Professor Jay Hinton has received a second prestigious Wellcome Investigator Award to further his world-leading research on ‘killer’ African Salmonella.

Bloodstream infections caused by variants of two types of Salmonella (Typhimurium and Enteritidis) cause around 50,000 deaths each year in sub-Saharan Africa. This endemic disease has recently become a major public health concern.

Professor Hinton has been studying Salmonella for more than thirty years. His most recent research, supported by a previous Wellcome Investigator Award, has provided fundamental understanding of the epidemiology, transmission and virulence of African Salmonella to drive forward the development of new treatments and vaccines.

The new £1.6m award will support a five-year project to determine how African Salmonella survive and replicate whilst they infect and hijack human cells. Using state of the art functional genomic techniques, Professor Hinton will carry out experimental comparisons between African and gastroenteritis-associated Salmonella while they are growing inside human macrophages. It is hoped the findings will reveal the hidden “Achilles’ heel” of African Salmonella to improve our ability to combat future epidemics of invasive non-typhoidal Salmonellosis.
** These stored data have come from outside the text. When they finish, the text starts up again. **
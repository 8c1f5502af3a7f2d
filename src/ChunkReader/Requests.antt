-- ===== src/ChunkReader/Requests.antt =====
-- Everything that may be asked of a chunk reader, with the writing of its buffer to a hasher, which
-- panics when there is none.
use axxx.Prelude.{
  ℕ, ◌≡◌, refl, ap, ◌∙◌, List, [], ◌∷◌, ◌++◌, Option, none, some, ◌⊎◌, inl, inr, Option-cases,
  ◌>>=◌,
}
use axxx.ChunkReader.{ChunkReader, write_buffer_to}
use axxx.ChunkReader.Calls.{Operation, perform, perform-Holds}
use axxx.ChunkReader.Holding.{Holds}

pub data Request : Type 0 where
  operation : Operation → Request
  hashing : Request

unfoldable pub ask : Request → ChunkReader → Option ChunkReader
ask (operation o) cr = perform o cr
ask hashing cr = write_buffer_to cr >>= λ _. some cr

unfoldable pub ask_all : List Request → ChunkReader → Option ChunkReader
ask_all [] cr = some cr
ask_all (r ∷ rs) cr = ask r cr >>= ask_all rs

-- Some request is to write a buffer that is not there, and those before it went well.
pub record HashesNothing (rs : List Request) (cr : ChunkReader) : Type 0 where
  pub earlier : List Request
  pub later : List Request
  pub found : ChunkReader
  pub split : rs ≡ earlier ++ hashing ∷ later
  pub reached : ask_all earlier cr ≡ some found
  pub missing : found.buffer ≡ none

module _ (base others : ℕ) where
  abbrev Goes : List Request → ChunkReader → Type 0
  Goes rs cr =
      ((after : ChunkReader) × (ask_all rs cr ≡ some after) × Holds base others after)
      ⊎ ((ask_all rs cr ≡ none) × HashesNothing rs cr)

  next-Goes :
      (r : Request) (rs : List Request) (cr next : ChunkReader)
      → ask r cr ≡ some next
      → Goes rs next
      → Goes (r ∷ rs) cr
  unfolding ask_all
  next-Goes r rs cr next e goes =
      let moves = ap (λ o. o >>= ask_all rs) e in
      elim goes [
        | inl (after, ran, holds) ↦ inl (after, moves ∙ ran, holds)
        | inr (panics, h) ↦ inr (
          moves ∙ panics,
          record {
            earlier = r ∷ h.earlier;
            later = h.later;
            found = h.found;
            split = ap (λ rest. r ∷ rest) h.split;
            reached = ap (λ o. o >>= ask_all h.earlier) e ∙ h.reached;
            missing = h.missing;
          },
        )
      ]

  -- Whatever is asked of a reader, whichever fetches fail or find it closed in the meantime, the
  -- only panic is that of `WriteBufferTo` when there is no buffer, because none was fetched or it
  -- was given back. Without it, the position stays inside the chunk, and what is booked is the
  -- memory and the slice of the buffer when there is one, which has the length of the chunk, and
  -- nothing otherwise, as after `Close`.
  pub ask_all-Holds :
      (rs : List Request) (cr : ChunkReader)
      → Holds base others cr
      → ((after : ChunkReader) × (ask_all rs cr ≡ some after) × Holds base others after)
        ⊎ ((ask_all rs cr ≡ none) × HashesNothing rs cr)
  unfolding ask_all ask write_buffer_to
  ask_all-Holds [] cr h = inl (cr, refl, h)
  ask_all-Holds (operation o ∷ rs) cr h =
      let (next, e, holds) = perform-Holds base others o cr h in
      next-Goes (operation o) rs cr next e (ask_all-Holds rs next holds)
  ask_all-Holds (hashing ∷ rs) cr h = elim (Option-cases cr.buffer) [
    | inl gone ↦ inr (
      ap (λ (o : Option (List ℕ)). (o >>= λ _. some cr) >>= ask_all rs) gone,
      record { earlier = []; later = rs; found = cr; split = refl; reached = refl; missing = gone },
    )
    | inr (b, there) ↦
        next-Goes hashing rs cr cr (ap (λ (o : Option (List ℕ)). o >>= λ _. some cr) there)
          (ask_all-Holds rs cr h)
  ]
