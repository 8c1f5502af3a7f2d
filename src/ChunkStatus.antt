-- ===== src/ChunkStatus.antt =====
-- common/chunkStatusLogger.go: how many chunks are in each state, and what the counts say of the
-- bottleneck. The state of a chunk is the index in its id; counts are int64, held as their bits.
-- The atomic operations of one transition are taken as one step. The log itself is left out.
pub mod Moves
pub mod Counts
use axxx.Prelude.{
  ℕ, ◌+◌, ◌-◌, ◌*◌, ◌%◌, ◌^◌, Bool, true, false, ◌&&◌, not, List, [], ◌∷◌, Option, none, some, map,
  ltb, leb, nat_beq, if◌then◌else◌, length, replicate, get_elem?, set,
}
use axxx.Limiter.{add64, sub64}

pub data WaitReason : Type 0 where
  nothing create_local_file ram_to_schedule worker_gr file_pacer : WaitReason
  header_response body body_re_read_due_to_mem body_re_read_due_to_speed sorting : WaitReason
  prior_chunk queue_to_write disk_io s2s_copy_on_wire epilogue xfer_start : WaitReason
  open_local_source modified_time_refresh lock_destination chunk_done cancelled : WaitReason

unfoldable pub index : WaitReason → ℕ
index nothing = 0
index create_local_file = 1
index ram_to_schedule = 2
index worker_gr = 3
index file_pacer = 4
index header_response = 5
index body = 6
index body_re_read_due_to_mem = 7
index body_re_read_due_to_speed = 8
index sorting = 9
index prior_chunk = 10
index queue_to_write = 11
index disk_io = 12
index s2s_copy_on_wire = 13
index epilogue = 14
index xfer_start = 15
index open_local_source = 16
index modified_time_refresh = 17
index lock_destination = 18
index chunk_done = 19
index cancelled = 20

-- `numWaitReasons`.
abbrev pub num_wait_reasons : ℕ
num_wait_reasons = 21

-- `wait_reason_index` are the states in the ids of the chunks.
pub record ChunkStatusLogger : Type 0 where
  pub counts : List ℕ
  pub wait_reason_index : List ℕ
  pub atomic_is_waiting_on_final_body_reads : Bool

-- The logger, and `n` new chunk ids.
unfoldable pub new_chunk_status_logger : ℕ → ChunkStatusLogger
new_chunk_status_logger n = record {
  counts = replicate num_wait_reasons 0;
  wait_reason_index = replicate n 0;
  atomic_is_waiting_on_final_body_reads = false;
}

-- `atomic.AddInt64(&counts[i], ...)`.
abbrev pub put_adjusted : (ℕ → ℕ) → ℕ → List ℕ → Option ℕ → List ℕ
put_adjusted f i counts none = counts
put_adjusted f i counts (some n) = set counts i (f n)

unfoldable pub adjust : (ℕ → ℕ) → ℕ → List ℕ → List ℕ
adjust f i counts = put_adjusted f i counts (get_elem? counts i)

-- The counts, for a chunk whose state was the index `old`.
unfoldable pub leave : ℕ → List ℕ → List ℕ
leave old counts =
    if ltb 0 old && ltb old (length counts) then adjust (λ n. sub64 n 1) old counts else counts

unfoldable pub enter : ℕ → List ℕ → List ℕ
enter new counts = if ltb new (length counts) then adjust (λ n. add64 n 1) new counts else counts

abbrev pub move_chunk : ℕ → WaitReason → ChunkStatusLogger → Option ℕ → ChunkStatusLogger
move_chunk c new_reason csl none = csl
move_chunk c new_reason csl (some old) = record csl {
  counts = enter (index new_reason) (leave old csl.counts);
  wait_reason_index = set csl.wait_reason_index c (index new_reason);
}

-- `countStateTransition` for chunk `c`; there is nothing to do for an id that was not made.
unfoldable pub count_state_transition : ℕ → WaitReason → ChunkStatusLogger → ChunkStatusLogger
count_state_transition c new_reason csl =
    move_chunk c new_reason csl (get_elem? csl.wait_reason_index c)

abbrev pub or_zero : Option ℕ → ℕ
or_zero none = 0
or_zero (some n) = n

-- `getCount`; the index is always in range.
unfoldable pub get_count : WaitReason → ChunkStatusLogger → ℕ
get_count reason csl = or_zero (get_elem? csl.counts (index reason))
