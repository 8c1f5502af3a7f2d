-- ===== src/ChunkStatus/Moves.antt =====
-- What one transition does to the counts.
use axxx.Prelude.{
  ℕ, zero, suc, ◌+◌, ◌^◌, ◌<◌, ◌≤◌, ◌≡◌, refl, ap, sym, ◌∙◌, false, ◌&&◌, List, [], ◌∷◌, some, ltb,
  nat_beq, if◌then◌else◌, length, length-replicate, get_elem?, set, arith, Bool-cases, Option-cases,
  inl, inr,
}
use axxx.Limiter.{add64, sub64}
use axxx.ChunkStatus.{
  WaitReason, num_wait_reasons, ChunkStatusLogger, new_chunk_status_logger, put_adjusted, adjust,
  leave, enter, count_state_transition,
}

some_inj : (m n : ℕ) → some m ≡ some n → m ≡ n
some_inj m n e = ground arith

pub few_states :
    (n : ℕ) → n < 2 ^ 63 → length (new_chunk_status_logger n).wait_reason_index < 2 ^ 63
unfolding new_chunk_status_logger
few_states n h = omega (arith, length-replicate {A = ℕ} n 0)

-- How many chunks have this index as their state.
abbrev pub in_state : ℕ → List ℕ → ℕ
in_state r [] = 0
in_state r (s ∷ states) = (if nat_beq s r then 1 else 0) + in_state r states

-- The state transitions of chunks, one after another.
abbrev pub transitions : List (ℕ × WaitReason) → ChunkStatusLogger → ChunkStatusLogger
transitions [] csl = csl
transitions ((c, reason) ∷ rest) csl = transitions rest (count_state_transition c reason csl)

pub in_state-set :
    (r old new c : ℕ) (states : List ℕ)
    → get_elem? states c ≡ some old
    → in_state r (set states c new) + (if nat_beq old r then 1 else 0)
      ≡ in_state r states + (if nat_beq new r then 1 else 0)
in_state-set r old new c [] h = cc
in_state-set r old new zero (s ∷ states) h =
    let same : s ≡ old = ground arith in rw same (omega arith)
in_state-set r old new (suc c) (s ∷ states) h = omega (arith, in_state-set r old new c states h)

pub in_state-le : (r : ℕ) (states : List ℕ) → in_state r states ≤ length states
in_state-le r [] = omega arith
in_state-le r (s ∷ states) = ground (arith, in_state-le r states)

get_elem?-set :
    (xs : List ℕ) (i j x : ℕ)
    → i < length xs
    → get_elem? (set xs i x) j ≡ (if nat_beq i j then some x else get_elem? xs j)
get_elem?-set [] i j x h = ground arith
get_elem?-set (y ∷ xs) zero zero x h = refl
get_elem?-set (y ∷ xs) zero (suc j) x h = ground arith
get_elem?-set (y ∷ xs) (suc i) zero x h = ground arith
get_elem?-set (y ∷ xs) (suc i) (suc j) x h = ground (arith, get_elem?-set xs i j x)

pub length-set : (xs : List ℕ) (i x : ℕ) → length (set xs i x) ≡ length xs
length-set [] i x = refl
length-set (y ∷ xs) zero x = refl
length-set (y ∷ xs) (suc i) x = ap suc (length-set xs i x)

get_elem?-some : (xs : List ℕ) (i : ℕ) → i < length xs → (x : ℕ) × (get_elem? xs i ≡ some x)
get_elem?-some [] i h = ground arith
get_elem?-some (x ∷ xs) zero h = (x, refl)
get_elem?-some (x ∷ xs) (suc i) h = get_elem?-some xs i (omega arith)

-- Each count but that of `Nothing` is the number of chunks in that state.
pub record Right (csl : ChunkStatusLogger) : Type 0 where
  pub size : length csl.counts ≡ num_wait_reasons
  pub right :
      (r : ℕ)
      → 0 < r
      → r < num_wait_reasons
      → get_elem? csl.counts r ≡ some (in_state r csl.wait_reason_index)

length-adjust : (f : ℕ → ℕ) (i : ℕ) (counts : List ℕ) → length (adjust f i counts) ≡ length counts
unfolding adjust
length-adjust f i counts = elim (Option-cases (get_elem? counts i)) [
  | inl e ↦ ap (λ o. length (put_adjusted f i counts o)) e
  | inr (n, e) ↦ ap (λ o. length (put_adjusted f i counts o)) e ∙ length-set counts i (f n)
]

adjust_lem :
    (f : ℕ → ℕ) (i j n : ℕ) (counts : List ℕ)
    → i < length counts
    → get_elem? counts j ≡ some n
    → get_elem? (adjust f i counts) j ≡ some (if nat_beq i j then f n else n)
unfolding adjust
adjust_lem f i j n counts h e =
    let (m, found) = get_elem?-some counts i h in
    let now =
      ap (λ o. get_elem? (put_adjusted f i counts o) j) found ∙ get_elem?-set counts i j (f m) h in
    now
    ∙ elim (Bool-cases (nat_beq i j))
        as (λ _.
          (if nat_beq i j then some (f m) else get_elem? counts j)
          ≡ some (if nat_beq i j then f n else n)) [
            | inl same ↦
                let one : i ≡ j = ground (arith, same) in
                let both : some m ≡ some n = sym found ∙ ap (get_elem? counts) one ∙ e in
                rw same (ap (λ o. some (f o)) (some_inj m n both))
            | inr other ↦ rw other e
          ]

pub leave_lem :
    (old r n : ℕ) (counts : List ℕ)
    → 0 < r
    → r < length counts
    → get_elem? counts r ≡ some n
    → get_elem? (leave old counts) r ≡ some (if nat_beq old r then sub64 n 1 else n)
unfolding leave
leave_lem old r n counts h lt e = elim (Bool-cases (ltb 0 old && ltb old (length counts))) [
  | inl counted ↦
      let inside : old < length counts = ground (arith, counted) in
      rw counted (adjust_lem (λ n. sub64 n 1) old r n counts inside e)
  | inr not_counted ↦
      let other : nat_beq old r ≡ false = ground (arith, not_counted) in rw (not_counted, other) e
]

pub enter_lem :
    (new r n : ℕ) (counts : List ℕ)
    → r < length counts
    → get_elem? counts r ≡ some n
    → get_elem? (enter new counts) r ≡ some (if nat_beq new r then add64 n 1 else n)
unfolding enter
enter_lem new r n counts lt e = elim (Bool-cases (ltb new (length counts))) [
  | inl counted ↦
      let inside : new < length counts = ground (arith, counted) in
      rw counted (adjust_lem (λ n. add64 n 1) new r n counts inside e)
  | inr not_counted ↦
      let other : nat_beq new r ≡ false = ground (arith, not_counted) in rw (not_counted, other) e
]

pub length-leave : (old : ℕ) (counts : List ℕ) → length (leave old counts) ≡ length counts
unfolding leave
length-leave old counts = elim (Bool-cases (ltb 0 old && ltb old (length counts))) [
  | inl counted ↦ rw counted (length-adjust (λ n. sub64 n 1) old counts)
  | inr not_counted ↦ rw not_counted refl
]

pub length-enter : (new : ℕ) (counts : List ℕ) → length (enter new counts) ≡ length counts
unfolding enter
length-enter new counts = elim (Bool-cases (ltb new (length counts))) [
  | inl counted ↦ rw counted (length-adjust (λ n. add64 n 1) new counts)
  | inr not_counted ↦ rw not_counted refl
]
Professor Hinton, from the University’s Institute of Infection, Veterinary and Ecological Sciences, said: “The progress we have made so far reflects the skills of my remarkable research team, and close collaborations with Professors Melita Gordon and Nick Feasey at the Malawi-Liverpool-Wellcome (MLW) Clinical Research Programme.

“Thanks to the Wellcome Trust, my laboratory will have another five years of funding to continue this vital work. The new award will allow us to study African Salmonella in human cells for the first time and take our investigation of this devastating disease to the next level.”

Wellcome Trust Investigator Awards support exceptional, world-class researchers to address the most important questions of human disease. Professor Hinton’s funding will run from 2022 to 2027 and support a team of four postdoctoral researchers and a PhD student.